4_7_2 花崗岩体中における割れ目形成メカニズムの解明を目指して -花崗岩体の初期冷却が割れ目分布に与える影響-
ポイント
- 中部日本の土岐花崗岩体を対象に,岩体中に分布する割れ目の形成メカニズムを明らかにしました。
- 花崗岩体の初期冷却が,割れ目分布に大きな影響を与えることを明らかにしました。
概要
花崗岩体(結晶質岩体)中には,割れ目が発達します。花崗岩体における地層処分システムの安全評価においては,割れ目の分布特性を把握することが重要となります。これは,割れ目が物質移動経路となるためです。割れ目の分布特性を理解するために,花崗岩質マグマの冷却の様子に着目しました。
花崗岩体の冷却の際に生じる岩体内での温度差は,収縮による体積差『冷却歪』をもたらします。私たちの先行研究により,花崗岩体中には冷却様式を知るための指標となるマイクロメートルスケール(1/1000㎜)の微組織(ミルメカイト;図1)があることが分かっています。私たちは,この微組織から冷却歪を評価する手法を構築しました。
実際に,中部地方に位置する土岐花崗岩体中の『冷却歪(図2)』と『割れ目の頻度(図3)』を比較してみました。その結果,割れ目頻度の高い領域で大きな冷却歪を持つという相関が認められました(たとえば,図2の寒色域が図3の暖色域と良い一致を示します)。この相関から,冷却歪をもたらす岩体の初期冷却が割れ目分布を支配する要因の1つであることが分かりました。
内容
本研究では,割れ目の分布特性を論じる上で,花崗岩質マグマの冷却の様子に着目しました。なぜなら,花崗岩体の冷却の際に生じる岩体内での温度差は,収縮による体積差『冷却歪』をもたらします。この冷却歪が,割れ目を生成する原因であると考えたためです。
私たちの先行研究により,花崗岩体中には冷却様式を知るための指標となるμmスケールの微組織(ミルメカイト;図1)があることが分かっています。私たちは,この微組織から冷却歪を評価する手法を構築しました。これは実際には観察できない過去の冷却という現象を定量的に評価する画期的な方法です。
中部地方に位置する土岐花崗岩体中の約19本のボーリングコアから,約670点の微組織のデータを抽出し,そこから導き出した『冷却歪』(図2)および『割れ目頻度』(図3)の空間分布の相関性を明らかにしました。その結果,割れ目頻度の高い領域で大きな冷却歪を持つという相関が認められました(たとえば図2と図3中の中央部など)。この相関は,割れ目の発生が冷却歪という概念によって説明できることを表しており,岩体の初期冷却が割れ目分布を支配する主たる要因の1つであることを示しています。また同時に,μmスケールの微組織から岩体中のkmオーダーの割れ目分布頻度を定量的に評価できるという新たな知見を得ました。このような岩体中の微組織を用いた割れ目頻度の評価手法の構築は世界初の成果です。
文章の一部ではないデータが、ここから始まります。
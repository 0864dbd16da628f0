-- ===== src/Prelude/Numerals/RoundTrip.antt =====
-- Reading a printed number back.
use Prim.Native.Nat.{ℕ, zero, suc, ◌+◌, ◌-◌, ◌*◌, ◌/◌, ◌%◌, ◌<◌}
use Prim.Native.Char.{Char, code}
use text.Mathlib.TextLemmas.{nil-append, cons-append}
use Prim.Native.String
use Prim.Native.String.{String}
use mathlib.Core.Path.{◌≡◌, refl, ap, ◌∙◌}
use mathlib.Core.Bool.{true, ◌&&◌}
use mathlib.Core.Option.{Option, none, some}
use native.Mathlib.Omega.{arith}
use meteor_operator.Prelude.Tests.{leb, if◌then◌else◌}
use meteor_operator.Prelude.Dashes.{dashless}
use meteor_operator.Prelude.Numerals.{digit, format_from, format_int}

-- The number after the digits that are left, from the number before them.
unfoldable pub parse_from : ℕ → String → Option ℕ
parse_from n String.[] = some n
parse_from n (String.◌∷◌ c s) =
    let rest = parse_from (10 * n + (code c - b'0')) s in
    if leb b'0' (code c) && leb (code c) b'9' then rest else none

unfoldable pub parse_int : String → Option ℕ
unfolding parse_from
parse_int s = parse_from 0 s

one-append : (c : Char) (s : String) → String.◌++◌ (String.◌∷◌ c String.[]) s ≡ String.◌∷◌ c s
one-append c s = cons-append c String.[] s ∙ ap (String.◌∷◌ c) (nil-append s)

abbrev digit_char : ℕ → Char
digit_char zero = "0"
digit_char (suc zero) = "1"
digit_char (suc (suc zero)) = "2"
digit_char (suc (suc (suc zero))) = "3"
digit_char (suc (suc (suc (suc zero)))) = "4"
digit_char (suc (suc (suc (suc (suc zero))))) = "5"
digit_char (suc (suc (suc (suc (suc (suc zero)))))) = "6"
digit_char (suc (suc (suc (suc (suc (suc (suc zero))))))) = "7"
digit_char (suc (suc (suc (suc (suc (suc (suc (suc zero)))))))) = "8"
digit_char _ = "9"

code-digit_char : (d : ℕ) → d < 10 → code (digit_char d) ≡ 48 + d
code-digit_char zero h = refl
code-digit_char (suc zero) h = refl
code-digit_char (suc (suc zero)) h = refl
code-digit_char (suc (suc (suc zero))) h = refl
code-digit_char (suc (suc (suc (suc zero)))) h = refl
code-digit_char (suc (suc (suc (suc (suc zero))))) h = refl
code-digit_char (suc (suc (suc (suc (suc (suc zero)))))) h = refl
code-digit_char (suc (suc (suc (suc (suc (suc (suc zero))))))) h = refl
code-digit_char (suc (suc (suc (suc (suc (suc (suc (suc zero)))))))) h = refl
code-digit_char (suc (suc (suc (suc (suc (suc (suc (suc (suc zero))))))))) h = refl
code-digit_char (suc (suc (suc (suc (suc (suc (suc (suc (suc (suc d)))))))))) h =
    absurd (omega arith)

digit-char : (d : ℕ) → digit d ≡ String.◌∷◌ (digit_char d) String.[]
unfolding digit
digit-char zero = refl
digit-char (suc zero) = refl
digit-char (suc (suc zero)) = refl
digit-char (suc (suc (suc zero))) = refl
digit-char (suc (suc (suc (suc zero)))) = refl
digit-char (suc (suc (suc (suc (suc zero))))) = refl
digit-char (suc (suc (suc (suc (suc (suc zero)))))) = refl
digit-char (suc (suc (suc (suc (suc (suc (suc zero))))))) = refl
digit-char (suc (suc (suc (suc (suc (suc (suc (suc zero)))))))) = refl
digit-char (suc (suc (suc (suc (suc (suc (suc (suc (suc d))))))))) = refl

digit-append : (d : ℕ) (s : String) → String.◌++◌ (digit d) s ≡ String.◌∷◌ (digit_char d) s
digit-append d s = ap (λ t. String.◌++◌ t s) (digit-char d) ∙ one-append (digit_char d) s

parse_from-cons :
    (c : Char) (d n : ℕ) (s : String)
    → code c ≡ 48 + d
    → d < 10
    → parse_from n (String.◌∷◌ c s) ≡ parse_from (10 * n + d) s
unfolding parse_from
parse_from-cons c d n s e h = ground arith

parse_from-digit :
    (d n : ℕ) (s : String)
    → d < 10
    → parse_from n (String.◌++◌ (digit d) s) ≡ parse_from (10 * n + d) s
parse_from-digit d n s h =
    ap (parse_from n) (digit-append d s)
    ∙ parse_from-cons (digit_char d) d n s (code-digit_char d h) h

parse_from-format_from :
    (f n : ℕ) (s : String) → n < f → parse_from 0 (format_from f n s) ≡ parse_from n s
unfolding format_from
parse_from-format_from zero n s h = elim h [ ]
parse_from-format_from (suc f) n s h = ground (
  arith,
  parse_from-digit (n % 10) 0 s,
  parse_from-digit (n % 10) (n / 10) s,
  parse_from-format_from f (n / 10) (String.◌++◌ (digit (n % 10)) s),
)

-- Every number is read back from its print.
pub parse_int-format_int : (n : ℕ) → parse_int (format_int n) ≡ some n
unfolding parse_int format_int
parse_int-format_int n = parse_from-format_from (suc n) n "" (omega arith)

dashless-cons :
    (c : Char) (d : ℕ) (s : String) → code c ≡ 48 + d → dashless (String.◌∷◌ c s) ≡ dashless s
unfolding dashless
dashless-cons c d s e = ground arith

dashless-digit : (d : ℕ) (s : String) → d < 10 → dashless (String.◌++◌ (digit d) s) ≡ dashless s
dashless-digit d s h =
    ap dashless (digit-append d s) ∙ dashless-cons (digit_char d) d s (code-digit_char d h)

dashless-format_from : (f n : ℕ) (s : String) → dashless (format_from f n s) ≡ dashless s
unfolding format_from
dashless-format_from zero n s = refl
dashless-format_from (suc f) n s = ground (
  arith,
  dashless-digit (n % 10) s,
  dashless-format_from f (n / 10) (String.◌++◌ (digit (n % 10)) s),
)

dashless-nil : dashless "" ≡ true
unfolding dashless
dashless-nil = refl

pub dashless-format_int : (n : ℕ) → dashless (format_int n) ≡ true
unfolding format_int
dashless-format_int n = dashless-format_from (suc n) n "" ∙ dashless-nil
今後は,本研究の成果を踏まえ,さらに踏み込んだ花崗岩体の形成過程(特にマグマの貫入・定置過程)の理解を目指します。貫入・定置過程に起因する花崗岩体の岩相や化学組成の相違は,岩体の物性の相違となります。この物性の相違は,断層や割れ目を発達させる構造運動の際に,応力の集中や解放に影響を与えると考えられるためです。このようにして,より分解能の高い割れ目の分布特性および割れ目の形成・発達メカニズムの解明を目指します。
参考文献
- Yuguchi, T., Tagami, M., Tsuruta, T., Nishiyama, T. (2012): Three-dimensional fracture distribution in relation to local cooling rate in a granitic body: An example from the Toki granitic pluton, Central Japan, ENGINEERING GEOLOGY, vol.149-150, pp.35-46.